*** Opening of DATASET EXCERPTS ***

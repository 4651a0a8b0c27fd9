-- ===== src/Tracker/Totals.antt =====
-- Sums of int64 counters: what fits stays what it is.
use xboard_node_win.Common.{
  ℤ, pos, ◌+ℤ◌, ◌≤ℤ◌, wrap, InRange, int_laws, int_key, Bool, true, false, ◌≡◌, refl, ◌<◌, pos_part,
  parts_apart, ◌^◌,
}
use xboard_node_win.Tracker.{add_traffic}
use xboard_node_win.Tracker.Charges.{pick}

pub pick_zero : (dir : Bool) → pick dir (pos 0, pos 0) ≡ pos 0
pick_zero true = refl
pick_zero false = refl

pub pick_add :
    (dir : Bool) (a b : ℤ × ℤ) → pick dir (add_traffic a b) ≡ wrap (pick dir a +ℤ pick dir b)
pick_add true a b = refl
pick_add false a b = refl

-- The total is an int64.
abbrev pub Fits : ℤ → Type 0
Fits total = pos_part total < 2 ^ 63

pub Fits-back :
    (a r p : ℤ)
    → pos 0 ≤ℤ a
    → pos 0 ≤ℤ r
    → pos 0 ≤ℤ p
    → Fits (a +ℤ (r +ℤ p))
    → InRange (p +ℤ r) × InRange p
Fits-back a r p ha hr hp f = omega (
  int_laws,
  parts_apart (a +ℤ (r +ℤ p)),
  parts_apart (p +ℤ r),
  parts_apart p,
  parts_apart a,
  parts_apart r,
)

pub Fits-more :
    (a r p g : ℤ)
    → pos 0 ≤ℤ a
    → pos 0 ≤ℤ r
    → pos 0 ≤ℤ p
    → pos 0 ≤ℤ g
    → Fits (a +ℤ (r +ℤ p) +ℤ g)
    → InRange (p +ℤ g)
Fits-more a r p g ha hr hp hg f = omega (
  int_laws,
  parts_apart (a +ℤ (r +ℤ p) +ℤ g),
  parts_apart (p +ℤ g),
  parts_apart p,
  parts_apart a,
  parts_apart r,
  parts_apart g,
)

pub Fits-zero : (a : ℤ) → Fits (a +ℤ pos 0) → Fits a
Fits-zero a f = omega (int_laws, parts_apart a, parts_apart (a +ℤ pos 0))

pub Fits-less : (a u v : ℤ) → pos 0 ≤ℤ v → Fits (a +ℤ (u +ℤ v)) → Fits (a +ℤ u)
Fits-less a u v h f = omega (
  int_laws,
  parts_apart (a +ℤ (u +ℤ v)),
  parts_apart (a +ℤ u),
  parts_apart a,
  parts_apart u,
  parts_apart v,
)

pub sum_nonneg : (p g : ℤ) → pos 0 ≤ℤ p → pos 0 ≤ℤ g → pos 0 ≤ℤ p +ℤ g
sum_nonneg p g h k = omega int_laws

pub regroup : (a r p g : ℤ) → a +ℤ (r +ℤ (p +ℤ g)) ≡ a +ℤ (r +ℤ p) +ℤ g
regroup a r p g = omega int_laws

pub regroup_right : (a u v : ℤ) → a +ℤ u +ℤ v ≡ a +ℤ (u +ℤ v)
regroup_right a u v = omega int_laws

pub Fits-regroup : (a u v : ℤ) → Fits (a +ℤ (u +ℤ v)) → Fits (a +ℤ u +ℤ v)
Fits-regroup a u v f = rw (regroup_right a u v) f
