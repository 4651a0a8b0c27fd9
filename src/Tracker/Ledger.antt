-- ===== src/Tracker/Ledger.antt =====
-- The traffic accounting of internal/tracker/tracker.go as pushReportAsync of
-- internal/service/service.go drives it: at most one report is on its way, and a report that the
-- panel refuses is restored. `Process` may run between any two of these steps. A push that is skipped,
-- by the back-off or without reporting, changes nothing. The last push, of pushReportSync at shutdown,
-- is not modelled: it restores nothing.
pub mod Steps
pub mod Conserve
use xboard_node_win.Common.{
  ℤ, pos, ◌+ℤ◌, ◌≤ℤ◌, wrap, wrap_id, InRange, int_laws, lookup, IsMap, from_option, int_key, List,
  [], ◌∷◌, Option, none, some, Bool, true, false, ◌≡◌, refl, arith, Option-cases, inl, inr, ◌∙◌,
  ◌<◌, ap, pos_part, parts_apart, ◌^◌,
}
use xboard_node_win.Tracker.{
  Traffic, AliveIps, Tracker, traffic_of, add_traffic, process, flush_traffic, restore_traffic,
  restore_all,
}
use xboard_node_win.Tracker.Lookups.{traffic_of-restore_all, IsMap-process_users, IsMap-restore_all}
use xboard_node_win.Tracker.Charges.{
  pick, growth, Counter, growth_nonneg, process_absent, process_charges,
}
use xboard_node_win.Tracker.Totals.{
  pick_zero, pick_add, Fits, Fits-back, Fits-more, Fits-zero, Fits-less, sum_nonneg, regroup,
  regroup_right, Fits-regroup,
}

-- The tracker, the report on its way, and the reports that the panel has accepted.
pub record Ledger : Type 0 where
  pub tracker : Tracker
  pub in_flight : Option Traffic
  pub accepted : List Traffic

pub data Op : Type 0 where
  processed : Traffic → AliveIps → ℤ → Op
  pushed accepts refuses : Op

abbrev after_flush : Traffic × Tracker → Ledger → Ledger
after_flush (report, t) l = record l { tracker = t; in_flight = some report }

-- The `pushActive` flag allows one report at a time; the panel answers only what is on its way.
unfoldable pub step : Op → Ledger → Ledger
step (processed cums alive conns) l = record l { tracker = process l.tracker cums alive conns }
step pushed l = elim l.in_flight [
  | none ↦ after_flush (flush_traffic l.tracker) l
  | some report ↦ l
]
step accepts l = elim l.in_flight [
  | none ↦ l
  | some report ↦ record l { in_flight = none; accepted = report ∷ l.accepted }
]
step refuses l = elim l.in_flight [
  | none ↦ l
  | some report ↦ record l { tracker = restore_traffic report l.tracker; in_flight = none }
]

unfoldable pub run : List Op → Ledger → Ledger
run [] l = l
run (op ∷ ops) l = run ops (step op l)

-- Every report of the kernel is a map of counters, none of them negative.
abbrev pub IsReport : Op → Type 0
IsReport (processed cums alive conns) =
    IsMap cums × ((uid : ℤ) (c : ℤ × ℤ) → lookup uid cums ≡ some c → Counter c.0 × Counter c.1)
IsReport pushed = Unit
IsReport accepts = Unit
IsReport refuses = Unit

abbrev pub AllReports : List Op → Type 0
AllReports [] = Unit
AllReports (op ∷ ops) = IsReport op × AllReports ops

abbrev pub at : Tracker → Option Traffic → List Traffic → Ledger
at t f acc = record { tracker = t; in_flight = f; accepted = acc }

module _ (uid : ℤ) (dir : Bool) where
  unfoldable pub accepted_total : List Traffic → ℤ
  accepted_total [] = pos 0
  accepted_total (r ∷ rs) = pick dir (traffic_of uid r) +ℤ accepted_total rs

  abbrev pub pending : Ledger → ℤ
  pending l = pick dir (traffic_of uid l.tracker.pending_traffic)

  abbrev pub flying : Ledger → ℤ
  flying l = pick dir (traffic_of uid (from_option [] l.in_flight))

  abbrev pub seen : Ledger → ℤ
  seen l = pick dir (traffic_of uid l.tracker.last_seen)

  -- All that has been charged to the user so far, wherever it stands.
  abbrev pub charged_total : Ledger → ℤ
  charged_total l = accepted_total l.accepted +ℤ (flying l +ℤ pending l)

  -- The growth that a reported counter shows, from its last value.
  abbrev pub grown : Option (ℤ × ℤ) → ℤ → ℤ
  grown none last = pos 0
  grown (some c) last = growth (pick dir c) last

  abbrev pub latest : Option (ℤ × ℤ) → ℤ → ℤ
  latest none last = last
  latest (some c) last = pick dir c

  -- What the kernel's counters say of one step.
  abbrev pub used_by : Op → ℤ → ℤ
  used_by (processed cums alive conns) last = grown (lookup uid cums) last
  used_by pushed last = pos 0
  used_by accepts last = pos 0
  used_by refuses last = pos 0

  abbrev pub last_after : Op → ℤ → ℤ
  last_after (processed cums alive conns) last = latest (lookup uid cums) last
  last_after pushed last = last
  last_after accepts last = last
  last_after refuses last = last

  -- What the kernel's counters say of a whole run.
  unfoldable pub used : List Op → ℤ → ℤ
  used [] last = pos 0
  used (op ∷ ops) last = used_by op last +ℤ used ops (last_after op last)

  pub record IsSound (l : Ledger) : Type 0 where
    pub flight_map : IsMap (from_option [] l.in_flight)
    pub pending_map : IsMap l.tracker.pending_traffic
    pub accepted_nonneg : pos 0 ≤ℤ accepted_total l.accepted
    pub flying_nonneg : pos 0 ≤ℤ flying l
    pub pending_nonneg : pos 0 ≤ℤ pending l
    pub seen_up : Counter (traffic_of uid l.tracker.last_seen).0
    pub seen_down : Counter (traffic_of uid l.tracker.last_seen).1

  -- What one step does to the ledger.
  abbrev Advances : Op → Ledger → Ledger → Type 0
  Advances op l l' =
      IsSound l'
      × (charged_total l' ≡ charged_total l +ℤ used_by op (seen l))
      × (seen l' ≡ last_after op (seen l))
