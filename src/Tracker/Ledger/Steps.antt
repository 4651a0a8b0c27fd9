-- ===== src/Tracker/Ledger/Steps.antt =====
-- One step of the reporting service of internal/service/service.go on the ledger.
use xboard_node_win.Common.{
  ℤ, pos, ◌+ℤ◌, ◌≤ℤ◌, wrap_id, InRange, int_laws, lookup, IsMap, int_key, List, Option, none, some,
  Bool, true, false, ◌≡◌, refl, arith, Option-cases, inl, inr, ◌∙◌, ap,
}
use xboard_node_win.Tracker.{
  Traffic, AliveIps, Tracker, traffic_of, process, flush_traffic, restore_traffic, restore_all,
}
use xboard_node_win.Tracker.Lookups.{traffic_of-restore_all, IsMap-process_users, IsMap-restore_all}
use xboard_node_win.Tracker.Charges.{
  pick, growth, Counter, growth_nonneg, process_absent, process_charges,
}
use xboard_node_win.Tracker.Totals.{
  pick_zero, pick_add, Fits, Fits-back, Fits-more, Fits-zero, sum_nonneg, regroup,
}
use xboard_node_win.Tracker.Ledger.{
  Ledger, Op, processed, pushed, accepts, refuses, step, IsReport, at, accepted_total, pending,
  flying, seen, charged_total, grown, latest, used_by, IsSound, Advances,
}

module _ (uid : ℤ) (dir : Bool) where
  step-pushed :
      (t : Tracker) (f : Option Traffic) (acc : List Traffic)
      → IsSound uid dir (at t f acc)
      → Advances uid dir pushed (at t f acc) (step pushed (at t f acc))
  unfolding step flush_traffic lookup
  step-pushed t none acc s =
      let z = pick_zero dir in
      (
        record {
          flight_map = s.pending_map;
          pending_map = tt;
          accepted_nonneg = s.accepted_nonneg;
          flying_nonneg = s.pending_nonneg;
          pending_nonneg = rw z (omega arith);
          seen_up = s.seen_up;
          seen_down = s.seen_down;
        },
        rw z (omega int_laws),
        refl,
      )
  step-pushed t (some report) acc s = (s, omega int_laws, refl)

  step-accepts :
      (t : Tracker) (f : Option Traffic) (acc : List Traffic)
      → IsSound uid dir (at t f acc)
      → Advances uid dir accepts (at t f acc) (step accepts (at t f acc))
  unfolding step accepted_total lookup
  step-accepts t none acc s = (s, omega int_laws, refl)
  step-accepts t (some report) acc s =
      let z = pick_zero dir in
      (
        record {
          flight_map = tt;
          pending_map = s.pending_map;
          accepted_nonneg = omega (int_laws, s.accepted_nonneg, s.flying_nonneg);
          flying_nonneg = rw z (omega arith);
          pending_nonneg = s.pending_nonneg;
          seen_up = s.seen_up;
          seen_down = s.seen_down;
        },
        rw z (omega int_laws),
        refl,
      )

  restored :
      (t : Tracker) (report : Traffic)
      → IsMap report
      → pos 0 ≤ℤ pick dir (traffic_of uid report)
      → InRange (pick dir (traffic_of uid t.pending_traffic) +ℤ pick dir (traffic_of uid report))
      → InRange (pick dir (traffic_of uid t.pending_traffic))
      → pick dir (traffic_of uid (restore_all report t.pending_traffic))
        ≡ pick dir (traffic_of uid t.pending_traffic) +ℤ pick dir (traffic_of uid report)
  restored t report m h r r' = elim (Option-cases (lookup uid report)) [
    | inl e ↦
        rw (traffic_of-restore_all report uid t.pending_traffic m, e)
          (rw (pick_zero dir) (omega int_laws))
    | inr (d, e) ↦
        rw (traffic_of-restore_all report uid t.pending_traffic m, e)
          (pick_add dir (traffic_of uid t.pending_traffic) d ∙ wrap_id _ (rw e at r))
  ]

  step-refuses :
      (t : Tracker) (f : Option Traffic) (acc : List Traffic)
      → IsSound uid dir (at t f acc)
      → Fits (charged_total uid dir (at t f acc))
      → Advances uid dir refuses (at t f acc) (step refuses (at t f acc))
  unfolding step restore_traffic lookup
  step-refuses t none acc s fits = (s, omega int_laws, refl)
  step-refuses t (some report) acc s fits =
      let z = pick_zero dir in
      let p = pick dir (traffic_of uid t.pending_traffic) in
      let r = pick dir (traffic_of uid report) in
      let fit =
        Fits-back (accepted_total uid dir acc) r p s.accepted_nonneg s.flying_nonneg
          s.pending_nonneg fits in
      let back = restored t report s.flight_map s.flying_nonneg fit.0 fit.1 in
      (
        record {
          flight_map = tt;
          pending_map = IsMap-restore_all report t.pending_traffic s.pending_map;
          accepted_nonneg = s.accepted_nonneg;
          flying_nonneg = rw z (omega arith);
          pending_nonneg = rw back (omega (int_laws, s.flying_nonneg, s.pending_nonneg));
          seen_up = s.seen_up;
          seen_down = s.seen_down;
        },
        rw (z, back) (omega int_laws),
        refl,
      )

  pick-Counter : (c : ℤ × ℤ) → Counter c.0 → Counter c.1 → Counter (pick dir c)
  pick-Counter c h k = both dir
    where
      both : (b : Bool) → Counter (pick b c)
      both true = h
      both false = k

  pub growth_zero_le :
      (c : ℤ × ℤ) (last : ℤ) → Counter c.0 → Counter c.1 → pos 0 ≤ℤ growth (pick dir c) last
  growth_zero_le c last h k = growth_nonneg (pick dir c) last (pick-Counter c h k)

  pending-IsMap-process :
      (t : Tracker) (cums : Traffic) (alive : AliveIps) (conns : ℤ)
      → IsMap t.pending_traffic
      → IsMap (process t cums alive conns).pending_traffic
  unfolding process
  pending-IsMap-process t cums alive conns m = IsMap-process_users cums _ m

  processed_at :
      (t : Tracker) (f : Option Traffic) (acc : List Traffic) (cums : Traffic) (alive : AliveIps)
      (conns : ℤ) (o : Option (ℤ × ℤ))
      → lookup uid cums ≡ o
      → IsSound uid dir (at t f acc)
      → IsReport (processed cums alive conns)
      → Fits (charged_total uid dir (at t f acc) +ℤ grown uid dir o (seen uid dir (at t f acc)))
      → let l' = at (process t cums alive conns) f acc in
        IsSound uid dir l'
        × (charged_total uid dir l'
            ≡ charged_total uid dir (at t f acc) +ℤ grown uid dir o (seen uid dir (at t f acc)))
        × (seen uid dir l' ≡ latest uid dir o (seen uid dir (at t f acc)))
  processed_at t f acc cums alive conns none e s report fits =
      let q = process_absent t cums alive conns uid report.0 e in
      (
        record {
          flight_map = s.flight_map;
          pending_map = pending-IsMap-process t cums alive conns s.pending_map;
          accepted_nonneg = s.accepted_nonneg;
          flying_nonneg = s.flying_nonneg;
          pending_nonneg = rw q.0 s.pending_nonneg;
          seen_up = rw q.1 s.seen_up;
          seen_down = rw q.1 s.seen_down;
        },
        rw q.0 (omega int_laws),
        ap (pick dir) q.1,
      )
  processed_at t f acc cums alive conns (some c) e s report fits =
      let ok = report.1 uid c e in
      let g = growth (pick dir c) (seen uid dir (at t f acc)) in
      let grows = growth_zero_le c (seen uid dir (at t f acc)) ok.0 ok.1 in
      let a = accepted_total uid dir acc in
      let r = flying uid dir (at t f acc) in
      let p = pending uid dir (at t f acc) in
      let q =
        process_charges t cums alive conns uid dir c report.0 e ok.0 ok.1 s.seen_up s.seen_down
          (Fits-more a r p g s.accepted_nonneg s.flying_nonneg s.pending_nonneg grows fits) in
      (
        record {
          flight_map = s.flight_map;
          pending_map = pending-IsMap-process t cums alive conns s.pending_map;
          accepted_nonneg = s.accepted_nonneg;
          flying_nonneg = s.flying_nonneg;
          pending_nonneg = rw q.0 (sum_nonneg p g s.pending_nonneg grows);
          seen_up = rw q.1 ok.0;
          seen_down = rw q.1 ok.1;
        },
        rw q.0 (regroup a r p g),
        ap (pick dir) q.1,
      )

  -- One step of the service keeps the ledger sound, and charges the user with exactly what the
  -- kernel's counters say, as long as the total is an int64.
  pub step-Advances :
      (op : Op) (l : Ledger)
      → IsSound uid dir l
      → IsReport op
      → Fits (charged_total uid dir l +ℤ used_by uid dir op (seen uid dir l))
      → Advances uid dir op l (step op l)
  unfolding step
  step-Advances (processed cums alive conns) l s report fits =
      processed_at l.tracker l.in_flight l.accepted cums alive conns (lookup uid cums) refl s report
        fits
  step-Advances pushed l s report fits = step-pushed l.tracker l.in_flight l.accepted s
  step-Advances accepts l s report fits = step-accepts l.tracker l.in_flight l.accepted s
  step-Advances refuses l s report fits =
      step-refuses l.tracker l.in_flight l.accepted s (Fits-zero (charged_total uid dir l) fits)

*** Close of DATASET EXCERPTS ***

• _PROBLEM TO WORK ON_: The task calls for all lines in the entries that hold "Advances".

• _FINAL ANSWER_:
  abbrev Advances : Op → Ledger → Ledger → Type 0
  Advances op l l' =
  flying, seen, charged_total, grown, latest, used_by, IsSound, Advances,
      → Advances uid dir pushed (at t f acc) (step pushed (at t f acc))
      → Advances uid dir accepts (at t f acc) (step accepts (at t f acc))
      → Advances uid dir refuses (at t f acc) (step refuses (at t f acc))
  pub step-Advances :
      → Advances uid dir op l (step op l)
  step-Advances (processed cums alive conns) l s report fits =
  step-Advances pushed l s report fits = step-pushed l.tracker l.in_flight l.accepted s
  step-Advances accepts l s report fits = step-accepts l.tracker l.in_flight l.accepted s
  step-Advances refuses l s report fits =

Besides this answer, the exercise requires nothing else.